[Supplied material Boundary: Start]

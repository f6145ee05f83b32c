-- ===== src/Fetch/One.antt =====
-- `_fetch_one` of pipeline/update.py: one request, with retries.
use bagelquant_data.Prelude.{
  ℕ, zero, suc, ◌+◌, ◌-◌, Bool, true, false, ◌&&◌, Option, none, some, List, ◌==◌, if◌then◌else◌,
}
use bagelquant_data.Fetch.Page.{KeyPart, Request, PageStatus, Problem, FetchPage, Answer, Outside}

pub data Verdict (Frame : Type 0) : Type 0 where
  accepted : Frame → Verdict Frame
  rejected : Problem → Verdict Frame

abbrev pub is_omitted : Option Problem → Bool
is_omitted (some Problem.omitted_scope) = true
is_omitted _ = false

module _ {Frame W : Type 0} (env : Outside Frame W) where
  -- The body of the `try`.
  abbrev pub judge : Bool → Answer Frame → Verdict Frame
  judge nonempty Answer.raised = Verdict.rejected Problem.provider_error
  judge nonempty Answer.returned_other = Verdict.rejected Problem.provider_error
  judge nonempty (Answer.returned f) =
      if nonempty && env.height f == 0
      then Verdict.rejected Problem.omitted_scope
      else Verdict.accepted f

  module _ (key : List KeyPart) (request : Request) (nonempty : Bool) where
    -- A page without a frame, after `attempts` calls.
    abbrev pub stopped : PageStatus → ℕ → Problem → FetchPage Frame
    stopped status attempts problem = record {
      request_key = key;
      request_params = request;
      frame = none;
      status = status;
      row_count = 0;
      retry_count = attempts - 1;
      error_message = some problem;
      request_attempts = attempts;
      buffer_limit_exceeded = false;
      discarded = false;
    }

    abbrev pub succeeded : ℕ → Frame → FetchPage Frame
    succeeded attempt f = record {
      request_key = key;
      request_params = request;
      frame = some f;
      status = PageStatus.success;
      row_count = env.height f;
      retry_count = attempt;
      error_message = none;
      request_attempts = attempt + 1;
      buffer_limit_exceeded = false;
      discarded = false;
    }

    -- After the loop.
    abbrev pub given_up : ℕ → Option Problem → FetchPage Frame
    given_up attempts last =
        stopped (if is_omitted last then PageStatus.invalid else PageStatus.failed) attempts
          (elim last [ none ↦ Problem.unknown_error | some p ↦ p ])

    -- The loop with `left` attempts to go, after `attempt` of them and the error `last`.
    unfoldable pub attempts_from : ℕ → ℕ → Option Problem → W → FetchPage Frame × W
    attempts_from zero attempt last w = (given_up attempt last, w)
    attempts_from (suc left) attempt last w =
        let asked = env.cancelled w in
        elim asked.0 [
          | true ↦ (stopped PageStatus.cancelled attempt Problem.cancelled_before_retry, asked.1)
          | false ↦
              let admission = env.admitted asked.1 in
              elim admission.0 [
                | false ↦ (
                  stopped PageStatus.cancelled attempt Problem.cancelled_before_retry,
                  admission.1,
                )
                | true ↦
                    let answer = env.fetch request admission.1 in
                    elim (judge nonempty answer.0) [
                      | accepted f ↦ (succeeded attempt f, answer.1)
                      | rejected p ↦ elim (left == 0) [
                        | true ↦ attempts_from left (attempt + 1) (some p) answer.1
                        | false ↦
                            let pause = env.backed_off answer.1 in
                            elim pause.0 [
                              | false ↦ (
                                stopped PageStatus.cancelled (attempt + 1)
                                    Problem.cancelled_during_backoff,
                                pause.1,
                              )
                              | true ↦ attempts_from left (attempt + 1) (some p) pause.1
                            ]
                      ]
                    ]
              ]
        ]

  unfoldable pub fetch_one : Request → List KeyPart → ℕ → Bool → W → FetchPage Frame × W
  unfolding attempts_from
  fetch_one request key max_retries nonempty w =
      attempts_from key request nonempty max_retries 0 none w
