-- ===== src/Fetch/Offset.antt =====
-- `_fetch_offset_pages` of pipeline/update.py.
use bagelquant_data.Prelude.{
  ℕ, zero, suc, ◌+◌, Bool, true, false, not, ◌&&◌, ◌||◌, Option, none, some, List, [], ◌∷◌, ◌++◌,
  ◌==◌, ltb, any, if◌then◌else◌,
}
use bagelquant_data.Fetch.Page.{
  KeyPart, Request, is_success, Problem, FetchPage, Outside, PageOptions, invalid_page, bound_pages,
}
use bagelquant_data.Fetch.One.{fetch_one}

-- `digest in seen_pages`, where a page without rows has no digest.
abbrev pub is_repeated : Option ℕ → List ℕ → Bool
is_repeated none seen = false
is_repeated (some d) seen = any (λ s. s == d) seen

abbrev pub remember : Option ℕ → List ℕ → List ℕ
remember none seen = seen
remember (some d) seen = d ∷ seen

module _ {Frame W : Type 0} (env : Outside Frame W) (options : PageOptions) where
  abbrev pub frame_digest : Option Frame → ℕ → Option ℕ
  frame_digest none rows = none
  frame_digest (some f) rows = if rows == 0 then none else some (env.digest f)

  module _ (request : Request) (key : List KeyPart) where
    abbrev pub paged : ℕ → Request
    paged offset = record request { limit = some options.page_size; offset = some offset }

    -- The call of one page.
    abbrev pub fetch_page : ℕ → ℕ → W → FetchPage Frame × W
    fetch_page index offset w =
        fetch_one env (paged offset) (key ++ KeyPart.at index ∷ []) options.max_retries
          (index == 0 && options.require_nonempty_response) w

    -- The loop with `left` pages to go.
    unfoldable pub offset_from :
        ℕ → ℕ → ℕ → List ℕ → List (FetchPage Frame) → W → List (FetchPage Frame) × W
    offset_from zero index offset seen pages w = (
      pages
          ++ invalid_page env (key ++ KeyPart.exhausted ∷ []) request Problem.max_pages_exhausted
            ∷ [],
      w,
    )
    offset_from (suc left) index offset seen pages w =
        let got = fetch_page index offset w in
        let page = got.0 in
        let bounded = bound_pages env options.buffer_limit_bytes key request (pages ++ page ∷ []) in
        let digest = frame_digest page.frame page.row_count in
        elim bounded.0 [
          | false ↦ (bounded.1, got.1)
          | true ↦ elim (is_repeated digest seen) [
            | true ↦ (bounded.1 ++ invalid_page env key request Problem.repeated_page ∷ [], got.1)
            | false ↦ elim (not (is_success page.status) || ltb page.row_count options.page_size) [
              | true ↦ (bounded.1, got.1)
              | false ↦
                  offset_from left (index + 1) (offset + options.page_size) (remember digest seen)
                    bounded.1 got.1
            ]
          ]
        ]

  unfoldable pub fetch_offset_pages : Request → List KeyPart → W → List (FetchPage Frame) × W
  unfolding offset_from
  fetch_offset_pages request key w =
      offset_from request key options.max_pages 0 options.offset_start [] [] w
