-- ===== src/Fetch/Adaptive.antt =====
-- `_fetch_adaptive_date_range` and `_fetch_request_pages` of pipeline/update.py. A date is its ordinal.
use bagelquant_data.Prelude.{
  ℕ, zero, suc, ◌+◌, ◌-◌, ◌/◌, Bool, true, false, ◌&&◌, ◌||◌, Option, none, some, List, [], ◌∷◌,
  ◌++◌, ◌==◌, ltb, leb, length, if◌then◌else◌,
}
use bagelquant_data.Fetch.Page.{
  KeyPart, Request, is_success, Problem, FetchPage, Outside, PageOptions, invalid_page, bound_pages,
  all_success,
}
use bagelquant_data.Fetch.One.{fetch_one}
use bagelquant_data.Fetch.Offset.{fetch_offset_pages}

-- `int(request_options.get("row_limit", 0))`
abbrev pub row_limit_of : PageOptions → ℕ
row_limit_of options = elim options.row_limit [ none ↦ 0 | some n ↦ n ]

-- An entry of `pending`.
pub record Span : Type 0 where
  pub lower : ℕ
  pub upper : ℕ
  pub key : List KeyPart

-- `empty_range_policy`
pub data EmptyRangePolicy : Type 0 where
  accept bisect unknown : EmptyRangePolicy

abbrev pub bisects : EmptyRangePolicy → Bool
bisects EmptyRangePolicy.bisect = true
bisects _ = false

-- Both bounds, if neither is missing.
abbrev pub both : Option ℕ → Option ℕ → Option (ℕ × ℕ)
both none b = none
both (some a) none = none
both (some a) (some b) = some (a, b)

-- `empty_range_policy in {"accept", "bisect"}`
abbrev pub is_known : EmptyRangePolicy → Bool
is_known EmptyRangePolicy.unknown = false
is_known _ = true

-- `lower + timedelta(days=span_days // 2)`
abbrev pub midpoint : Span → ℕ
midpoint s = s.lower + (s.upper - s.lower) / 2

abbrev pub left_half : Span → Span
left_half s = record { lower = s.lower; upper = midpoint s; key = s.key ++ KeyPart.at 0 ∷ [] }

abbrev pub right_half : Span → Span
right_half s = record { lower = midpoint s + 1; upper = s.upper; key = s.key ++ KeyPart.at 1 ∷ [] }

module _ {Frame W : Type 0} (env : Outside Frame W) (options : PageOptions)
    (policy : EmptyRangePolicy) where
  abbrev pub discard : FetchPage Frame → FetchPage Frame
  discard p = record p { frame = none; discarded = true }

  module _ (request : Request) (key : List KeyPart) where
    abbrev pub ranged : Span → Request
    ranged s = record request { start = some s.lower; end = some s.upper }

    -- The pages of a saturated window that is too short to split.
    abbrev pub fetch_leaf : Span → W → List (FetchPage Frame) × W
    fetch_leaf s w =
        fetch_offset_pages env (record options { page_size = row_limit_of options }) (ranged s)
          (s.key ++ KeyPart.leaf ∷ []) w

    -- The `while` loop, whose first two `continue` branches are one test here;
    -- `fuel` iterations of it, and `none` when they do not suffice.
    unfoldable pub adaptive_from :
        ℕ → List Span → List (FetchPage Frame) → W → Option (List (FetchPage Frame) × W)
    adaptive_from fuel [] pages w = some (pages, w)
    adaptive_from zero (s ∷ pending) pages w = none
    adaptive_from (suc fuel) (s ∷ pending) pages w =
        let got = fetch_one env (ranged s) s.key options.max_retries false w in
        let page = got.0 in
        let bounded = bound_pages env options.buffer_limit_bytes key request (pages ++ page ∷ []) in
        let short = leb (s.upper - s.lower) options.minimum_window_days in
        elim (leb options.max_pages (length pages)) [
          | true ↦ some (
            pages
                ++ invalid_page env (key ++ KeyPart.exhausted ∷ []) request
                    Problem.max_pages_exhausted
                  ∷ [],
            w,
          )
          | false ↦ elim (bounded.0 && is_success page.status) [
            | false ↦ some (bounded.1, got.1)
            | true ↦
                elim (if page.row_count == 0 && bisects policy
                  then short
                  else ltb page.row_count (row_limit_of options)) [
                    | true ↦ adaptive_from fuel pending bounded.1 got.1
                    | false ↦ elim short [
                      | false ↦
                          adaptive_from fuel (left_half s ∷ right_half s ∷ pending)
                            (pages ++ discard page ∷ []) got.1
                      | true ↦
                          let deep = fetch_leaf s got.1 in
                          let all =
                            bound_pages env options.buffer_limit_bytes key request
                              ((pages ++ discard page ∷ []) ++ deep.0) in
                          elim (all.0 && all_success all.1) [
                            | false ↦ some (all.1, deep.1)
                            | true ↦ adaptive_from fuel pending all.1 deep.1
                          ]
                    ]
                  ]
          ]
        ]

  -- One page without a call.
  abbrev pub refused : Request → List KeyPart → W → Problem → Option (List (FetchPage Frame) × W)
  refused request key w problem = some (invalid_page env key request problem ∷ [], w)

  -- The guards, and the loop with one iteration more than it may append pages.
  unfoldable pub fetch_adaptive_date_range :
      Request → List KeyPart → W → Option (List (FetchPage Frame) × W)
  unfolding adaptive_from
  fetch_adaptive_date_range request key w = elim (is_known policy) [
    | false ↦ refused request key w Problem.bad_policy
    | true ↦ elim (row_limit_of options == 0 || options.max_pages == 0) [
      | true ↦ refused request key w Problem.bad_limits
      | false ↦ elim (both request.start request.end) [
        | none ↦ refused request key w Problem.missing_bounds
        | some bounds ↦ elim (ltb bounds.1 bounds.0) [
          | true ↦ refused request key w Problem.start_after_end
          | false ↦
              adaptive_from request key (options.max_pages + 1)
                (record { lower = bounds.0; upper = bounds.1; key = key } ∷ []) [] w
        ]
      ]
    ]
  ]

-- `pagination`
pub data Pagination : Type 0 where
  adaptive_date_range offset unpaged : Pagination

-- The page of an unpaged request, and the page that a full response adds.
abbrev pub limited :
    {Frame W : Type 0}
    → Outside Frame W
    → PageOptions
    → Request
    → List KeyPart
    → FetchPage Frame
    → List (FetchPage Frame)
limited env options request key page = elim options.row_limit [
  | none ↦ page ∷ []
  | some n ↦
      if leb n page.row_count
      then page ∷ invalid_page env key request Problem.row_limit_reached ∷ []
      else page ∷ []
]

unfoldable pub fetch_request_pages :
    {Frame W : Type 0}
    → Outside Frame W
    → PageOptions
    → EmptyRangePolicy
    → Pagination
    → Request
    → List KeyPart
    → W
    → Option (List (FetchPage Frame) × W)
unfolding fetch_adaptive_date_range
fetch_request_pages env options policy Pagination.adaptive_date_range request key w =
    fetch_adaptive_date_range env options policy request key w
fetch_request_pages env options policy Pagination.offset request key w =
    some (fetch_offset_pages env options request key w)
fetch_request_pages env options policy Pagination.unpaged request key w =
    let got = fetch_one env request key options.max_retries options.require_nonempty_response w in
    some (limited env options request key got.0, got.1)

[Supplied material Boundary: End]

### Exercise directions
From the entries above, print the lines beginning at the one with "[]) request Problem.max_pages_exhausted" and stopping after the one with "pub key : List KeyPart", exactly as written and with nothing else.

### Finished exercise
          ++ invalid_page env (key ++ KeyPart.exhausted ∷ []) request Problem.max_pages_exhausted
            ∷ [],
      w,
    )
    offset_from (suc left) index offset seen pages w =
        let got = fetch_page index offset w in
        let page = got.0 in
        let bounded = bound_pages env options.buffer_limit_bytes key request (pages ++ page ∷ []) in
        let digest = frame_digest page.frame page.row_count in
        elim bounded.0 [
          | false ↦ (bounded.1, got.1)
          | true ↦ elim (is_repeated digest seen) [
            | true ↦ (bounded.1 ++ invalid_page env key request Problem.repeated_page ∷ [], got.1)
            | false ↦ elim (not (is_success page.status) || ltb page.row_count options.page_size) [
              | true ↦ (bounded.1, got.1)
              | false ↦
                  offset_from left (index + 1) (offset + options.page_size) (remember digest seen)
                    bounded.1 got.1
            ]
          ]
        ]

  unfoldable pub fetch_offset_pages : Request → List KeyPart → W → List (FetchPage Frame) × W
  unfolding offset_from
  fetch_offset_pages request key w =
      offset_from request key options.max_pages 0 options.offset_start [] [] w
-- ===== src/Fetch/Adaptive.antt =====
-- `_fetch_adaptive_date_range` and `_fetch_request_pages` of pipeline/update.py. A date is its ordinal.
use bagelquant_data.Prelude.{
  ℕ, zero, suc, ◌+◌, ◌-◌, ◌/◌, Bool, true, false, ◌&&◌, ◌||◌, Option, none, some, List, [], ◌∷◌,
  ◌++◌, ◌==◌, ltb, leb, length, if◌then◌else◌,
}
use bagelquant_data.Fetch.Page.{
  KeyPart, Request, is_success, Problem, FetchPage, Outside, PageOptions, invalid_page, bound_pages,
  all_success,
}
use bagelquant_data.Fetch.One.{fetch_one}
use bagelquant_data.Fetch.Offset.{fetch_offset_pages}

-- `int(request_options.get("row_limit", 0))`
abbrev pub row_limit_of : PageOptions → ℕ
row_limit_of options = elim options.row_limit [ none ↦ 0 | some n ↦ n ]

-- An entry of `pending`.
pub record Span : Type 0 where
  pub lower : ℕ
  pub upper : ℕ
  pub key : List KeyPart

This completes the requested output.